Ennio Morricone no es solo un compositor de música de cine. Es parte de la historia de Italia. Como Vivaldi, Verdi o Puccini. Sin su música no se puede entender el cine de Bernardo Bertolucci, de Pier Paolo Pasolini, de Gillo Pontecorvo, de Sergio Leone, de Giuliano Montaldo, de Giuseppe Tornatore, pero tampoco algunos títulos imprescindibles de la filmografía de directores como Terrence Malick, Roland Joffé, Roman Polanski, Oliver Stone o Brian DePalma. Tampoco ha tenido nunca ningún pudor en hablar de su decepción en sus colaboraciones con directores como Pedro Almodóvar o Quentin Tarantino, o su remordimiento de no haber colaborado finalmente con Stanley Kubrick en la película La naranja mecánica (1971).

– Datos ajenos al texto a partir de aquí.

-- ===== src/ThorClient/BlockWaiting.antt =====
-- BlocksModule.waitForBlockCompressed and waitForBlockExpanded of
-- packages/network/src/thor-client/blocks/blocks-module.ts. The number of the block is an integer.
use vechain_sdk_js.Prelude.{
  ℕ, ℤ, zero, suc, pos, negsuc, Bool, true, false, not, Option, none, some, leb,
}
use vechain_sdk_js.Result.{Result, ok, invalid_data_type, require, ◌>>=◌, ◌>>◌}
use vechain_sdk_js.Number.{Number, int, frac, nan, infinity, minus_infinity}
use vechain_sdk_js.Poll.{SyncPollInputOptions, Waited, sync_poll, wait_until}
use vechain_sdk_js.Provider.Details.{CompressedBlockDetail, ExpandedBlockDetail}
use vechain_sdk_js.ThorClient.Http.{Http}
use vechain_sdk_js.ThorClient.Blocks.{get_best_block_compressed, get_best_block_expanded}

-- `WaitForBlockOptions`
pub record WaitForBlockOptions : Type 0 where
  pub timeout_ms : Option Number
  pub interval_ms : Option Number

-- `CompressedBlockDetail | ExpandedBlockDetail`
pub data AnyBlock : Type 0 where
  compressed : CompressedBlockDetail → AnyBlock
  expanded : ExpandedBlockDetail → AnyBlock

unfoldable pub number_of : AnyBlock → Number
number_of (compressed block) = block.header.number
number_of (expanded block) = block.header.number

unfoldable pub leb_ℤ : ℤ → ℤ → Bool
leb_ℤ (pos m) (pos n) = leb m n
leb_ℤ (pos m) (negsuc n) = false
leb_ℤ (negsuc m) (pos n) = true
leb_ℤ (negsuc m) (negsuc n) = leb n m

-- `number >= blockNumber`
unfoldable pub is_at_least : Number → ℤ → Bool
unfolding leb_ℤ
is_at_least (int z) n = leb_ℤ n z
is_at_least (frac z) n = leb_ℤ n z
is_at_least nan n = false
is_at_least infinity n = true
is_at_least minus_infinity n = false

-- `result != null && result?.number >= blockNumber`
unfoldable pub is_reached : ℤ → Option AnyBlock → Bool
unfolding is_at_least number_of
is_reached n none = false
is_reached n (some block) = is_at_least (number_of block) n

-- `blockNumber <= 0`
abbrev pub is_at_most_zero : ℤ → Bool
is_at_most_zero (pos zero) = true
is_at_most_zero (pos (suc n)) = false
is_at_most_zero (negsuc n) = true

abbrev pub any_compressed : Option CompressedBlockDetail → Option AnyBlock
any_compressed none = none
any_compressed (some block) = some (compressed block)

abbrev pub any_expanded : Option ExpandedBlockDetail → Option AnyBlock
any_expanded none = none
any_expanded (some block) = some (expanded block)

-- The polling function: the compressed block is asked for where the expanded one is wanted.
unfoldable pub best_block : Bool → Http → Result (Option AnyBlock)
unfolding get_best_block_compressed get_best_block_expanded
best_block true http = do block ← get_best_block_compressed http; ok (any_compressed block)
best_block false http = do block ← get_best_block_expanded http; ok (any_expanded block)

abbrev pub poll_options : WaitForBlockOptions → SyncPollInputOptions
poll_options options = record {
  request_interval_in_milliseconds = options.interval_ms;
  maximum_iterations = none;
  maximum_waiting_time_in_milliseconds = options.timeout_ms;
}

-- `_waitForBlock`, with the node and the clock given round by round and at most so many rounds.
-- `none` is a wait that has not ended by then.
unfoldable pub wait_for_block :
    ℕ
    → (ℕ → Http)
    → (ℕ → ℤ)
    → ℤ
    → Bool
    → WaitForBlockOptions
    → Result (Option (Waited (Option AnyBlock)))
unfolding is_reached best_block sync_poll wait_until
wait_for_block fuel https clock block_number is_expanded options = do
  require (not (is_at_most_zero block_number)) (invalid_data_type "BlocksModule.waitForBlock()")
  iterations ← sync_poll (poll_options options)
  ok (
      wait_until (poll_options options) (is_reached block_number)
        (λ i. record { outcome = best_block is_expanded (https i); elapsed = clock i }) fuel 0
        iterations)

unfoldable pub wait_for_block_compressed :
    ℕ → (ℕ → Http) → (ℕ → ℤ) → ℤ → WaitForBlockOptions → Result (Option (Waited (Option AnyBlock)))
unfolding wait_for_block
wait_for_block_compressed fuel https clock n options =
    wait_for_block fuel https clock n false options

unfoldable pub wait_for_block_expanded :
    ℕ → (ℕ → Http) → (ℕ → ℤ) → ℤ → WaitForBlockOptions → Result (Option (Waited (Option AnyBlock)))
unfolding wait_for_block
wait_for_block_expanded fuel https clock n options = wait_for_block fuel https clock n true options
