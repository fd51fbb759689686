-- ===== src/ThorClient/Built.antt =====
-- The bodies that buildTransactionBody makes (transactions/transactions-module.ts).
use vechain_sdk_js.Prelude.{
  ℕ, suc, zero, ◌+◌, ◌-◌, ◌*◌, ◌%◌, ◌<◌, ◌≡◌, refl, ap, sym, ◌∙◌, subst, pos, Bool, true, false,
  leb, Option, none, some, List, [], ◌∷◌, length, take, drop, arith,
}
use vechain_sdk_js.Result.{ok}
use vechain_sdk_js.Number.{Number, int, is_odd}
use vechain_sdk_js.Text.{
  Text, hex_value_from, is_hex_digits, digit_value, buffer_from_hex, starts_with_tag, strip_sign,
  strip_tag,
}
use vechain_sdk_js.Text.Digits.{digit_value-lt}
use vechain_sdk_js.Text.Bytes.{first_two, length-buffer_from_hex}
use vechain_sdk_js.Vcdm.Hex.{is_valid0x, is_valid, has_hex_prefix}
use vechain_sdk_js.Rlp.Value.{num, str, is_defined}
use vechain_sdk_js.Transaction.Body.{
  TransactionBody, features_or_zero, reserved_or_empty, is_block_ref, is_valid_body,
  is_delegated_body,
}
use vechain_sdk_js.Provider.Details.{TransactionClause, CompressedBlockDetail}
use vechain_sdk_js.ThorClient.Http.{Http}
use vechain_sdk_js.ThorClient.Blocks
use vechain_sdk_js.ThorClient.Blocks.{
  get_block_compressed, get_genesis_block, get_best_block_compressed, get_best_block_ref,
}
use vechain_sdk_js.ThorClient.Names.{resolve_names_in_clauses}
use vechain_sdk_js.ThorClient.Building.{
  TransactionBodyOptions, or_default, Nonce, random, counter, nonce_value, to_value, reserved_for,
  number_of_digits, block_ref_for, body_for, build_transaction_body,
}

-- The identifier of a block: `0x` and 64 hexadecimal digits.
pub record IsBlockId (id : Text) : Type 0 where
  pub digits : Text
  pub tagged : id ≡ b'0' ∷ b'x' ∷ digits
  pub size : length digits ≡ 64
  pub hexadecimal : is_hex_digits digits ≡ true

is_hex_digits-drop : (n : ℕ) (s : Text) → is_hex_digits s ≡ true → is_hex_digits (drop n s) ≡ true
unfolding is_hex_digits
is_hex_digits-drop zero s h = h
is_hex_digits-drop (suc n) [] h = refl
is_hex_digits-drop (suc n) (c ∷ s) h = is_hex_digits-drop n s (ground (arith, h))

is_hex_digits-take : (n : ℕ) (s : Text) → is_hex_digits s ≡ true → is_hex_digits (take n s) ≡ true
unfolding is_hex_digits
is_hex_digits-take zero s h = refl
is_hex_digits-take (suc n) [] h = refl
is_hex_digits-take (suc n) (c ∷ s) h = ground (arith, h, is_hex_digits-take n s)

length-drop : (n : ℕ) (s : Text) → length (drop n s) ≡ length s - n
length-drop zero s = omega arith
length-drop (suc n) [] = omega arith
length-drop (suc n) (c ∷ s) = omega (arith, length-drop n s)

length-take : (n : ℕ) (s : Text) → n < suc (length s) → length (take n s) ≡ n
length-take zero s h = refl
length-take (suc n) [] h = absurd (omega (arith, h))
length-take (suc n) (c ∷ s) h =
    let below : n < suc (length s) = omega (arith, h) in ap suc (length-take n s below)

-- Two hexadecimal digits are a byte.
number_of_digits-byte :
    (s : Text)
    → length s ≡ 2
    → is_hex_digits s ≡ true
    → (t : ℕ) × (number_of_digits s ≡ int (pos t)) × (t < 256)
unfolding number_of_digits is_hex_digits hex_value_from
number_of_digits-byte [] l h = absurd (omega (arith, l))
number_of_digits-byte (c ∷ []) l h = absurd (omega (arith, l))
number_of_digits-byte (c ∷ d ∷ []) l h =
    let (p, q, r) = first_two c d [] h in
    let small : (0 * 16 + digit_value c) * 16 + digit_value d < 256 =
      omega (arith, digit_value-lt c p, digit_value-lt d q) in
    ((0 * 16 + digit_value c) * 16 + digit_value d, rw h refl, small)
number_of_digits-byte (c ∷ d ∷ e ∷ s) l h = absurd (omega (arith, l))

is_block_ref-take : (id : Text) → IsBlockId id → is_block_ref (str (take 18 id)) ≡ true
unfolding is_valid0x is_valid has_hex_prefix starts_with_tag strip_sign strip_tag
is_block_ref-take id h =
    subst (λ x. is_block_ref (str (take 18 x)) ≡ true) (sym h.tagged)
      (let below : 16 < suc (length h.digits) = omega (arith, h.size) in
        let size = length-take 16 h.digits below in
        let even : length (take 16 h.digits) % 2 ≡ 0 = omega (arith, size) in
        let valid = is_hex_digits-take 16 h.digits h.hexadecimal in
        let bytes : length (buffer_from_hex (take 16 h.digits)) ≡ 8 =
          omega (arith, size, length-buffer_from_hex (take 16 h.digits) valid even) in
        rw (valid, bytes) refl)

chain_tag-byte :
    (id : Text) → IsBlockId id → (t : ℕ) × (number_of_digits (drop 64 id) ≡ int (pos t)) × (t < 256)
chain_tag-byte id h =
    subst (λ x. (t : ℕ) × (number_of_digits (drop 64 x) ≡ int (pos t)) × (t < 256)) (sym h.tagged)
      (number_of_digits-byte (drop 62 h.digits) (length-drop 62 h.digits ∙ ap (λ n. n - 62) h.size)
        (is_hex_digits-drop 62 h.digits h.hexadecimal))

-- `options.isDelegated === true`
abbrev pub is_true : Option Bool → Bool
is_true none = false
is_true (some b) = b

-- A body that the constructor of a transaction accepts, with a chain tag of one byte, and delegated
-- as it was asked for.
pub record IsBuilt (body : TransactionBody) (delegated : Bool) : Type 0 where
  pub tag : ℕ
  pub chain_tag : body.chain_tag ≡ num (int (pos tag))
  pub is_byte : tag < 256
  pub valid : is_valid_body body ≡ true
  pub delegation : is_delegated_body body ≡ delegated

block_ref_for-none :
    (http : Http) (best : CompressedBlockDetail)
    → get_best_block_compressed http ≡ ok (some best)
    → block_ref_for http none ≡ ok (some (take 18 best.header.id))
unfolding block_ref_for get_best_block_ref
block_ref_for-none http best h = rw h refl

genesis_found :
    (http : Http) (genesis : CompressedBlockDetail)
    → get_genesis_block http ≡ ok (some genesis)
    → get_block_compressed http (Blocks.number (int (pos 0))) ≡ ok (some genesis)
unfolding get_genesis_block
genesis_found http genesis h = h

is_delegated_body-reserved_for :
    (delegated : Option Bool)
    → is_odd (features_or_zero (reserved_or_empty (reserved_for delegated)).features)
      ≡ is_true delegated
is_delegated_body-reserved_for none = refl
is_delegated_body-reserved_for (some false) = refl
is_delegated_body-reserved_for (some true) = refl

leb-byte : (t : ℕ) → t < 256 → leb t 255 ≡ true
leb-byte t h = ground (arith, h)

is_defined-to_value : (to : Option Text) → is_defined (to_value to) ≡ true
is_defined-to_value none = refl
is_defined-to_value (some to) = refl

is_defined-nonce_value : (nonce : Nonce) → is_defined (nonce_value nonce) ≡ true
is_defined-nonce_value (random s) = refl
is_defined-nonce_value (counter n) = refl

module _ (genesis best : CompressedBlockDetail) (resolved : List TransactionClause)
    (random_nonce : Text) (gas : Number) (options : TransactionBodyOptions)
    (no_tag : options.chain_tag ≡ none) (is_genesis_id : IsBlockId genesis.header.id)
    (is_best_id : IsBlockId best.header.id) where
  body_for-IsBuilt :
      IsBuilt
        (body_for genesis (take 18 best.header.id) resolved gas random_nonce options)
        (is_true options.is_delegated)
  unfolding is_valid_body is_delegated_body
  body_for-IsBuilt =
      let (t, tag, small) = chain_tag-byte genesis.header.id is_genesis_id in
      record {
        tag = t;
        chain_tag = rw (no_tag, tag) refl;
        is_byte = small;
        valid =
            rw
              (
                no_tag,
                tag,
                leb-byte t small,
                is_block_ref-take best.header.id is_best_id,
                is_defined-to_value options.depends_on,
                is_defined-nonce_value (or_default options.nonce (random random_nonce)),
              )
              refl;
        delegation = is_delegated_body-reserved_for options.is_delegated;
      }

module _ (http : Http) (genesis best : CompressedBlockDetail)
    (clauses resolved : List TransactionClause)
    (has_genesis : get_genesis_block http ≡ ok (some genesis))
    (has_best : get_best_block_compressed http ≡ ok (some best))
    (has_resolved : resolve_names_in_clauses http clauses ≡ ok resolved)
    (is_genesis_id : IsBlockId genesis.header.id) (is_best_id : IsBlockId best.header.id) where
  -- Where the node has a genesis block and a best block, whose identifiers are `0x` and 64 hexadecimal
  -- digits, and the names in the clauses are resolved, the body is built if neither the chain tag nor
  -- the block reference is given. Its chain tag is a byte, the constructor of a transaction accepts it,
  -- and it is delegated exactly where the options ask for that.
  pub build_transaction_body-IsBuilt :
      (random_nonce : Text) (gas : Number) (options : TransactionBodyOptions)
      → options.chain_tag ≡ none
      → options.block_ref ≡ none
      → (body : TransactionBody) × (build_transaction_body http random_nonce clauses gas options
          ≡ ok body)
        × IsBuilt body (is_true options.is_delegated)
  unfolding build_transaction_body
  build_transaction_body-IsBuilt random_nonce gas options no_tag no_ref = (
    body_for genesis (take 18 best.header.id) resolved gas random_nonce options,
    rw
        (
          genesis_found http genesis has_genesis,
          no_ref,
          block_ref_for-none http best has_best,
          has_resolved,
        )
        refl,
    body_for-IsBuilt genesis best resolved random_nonce gas options no_tag is_genesis_id is_best_id,
  )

No fue nunca un compositor de Hollywood, y a pesar de ello superó en fama y repercusión a muchos músicos que buscaron el abrazo del cine de las estrellas. Su negativa a salir de Roma, de la ciudad que le vio nacer y le ha visto morir, chocó de lleno con las exigencias de una estructura industrial a la que nunca se adaptó. Ese es también su gran mérito, conquistar la Meca del Cine sin pisarla.
Ennio Morricone se ha marchado "sin molestar", dejando un legado inmenso, esperando encontrarse en el paraíso de su profundo sentimiento religioso a otros grandes genios de la música.
Addio, Maestro.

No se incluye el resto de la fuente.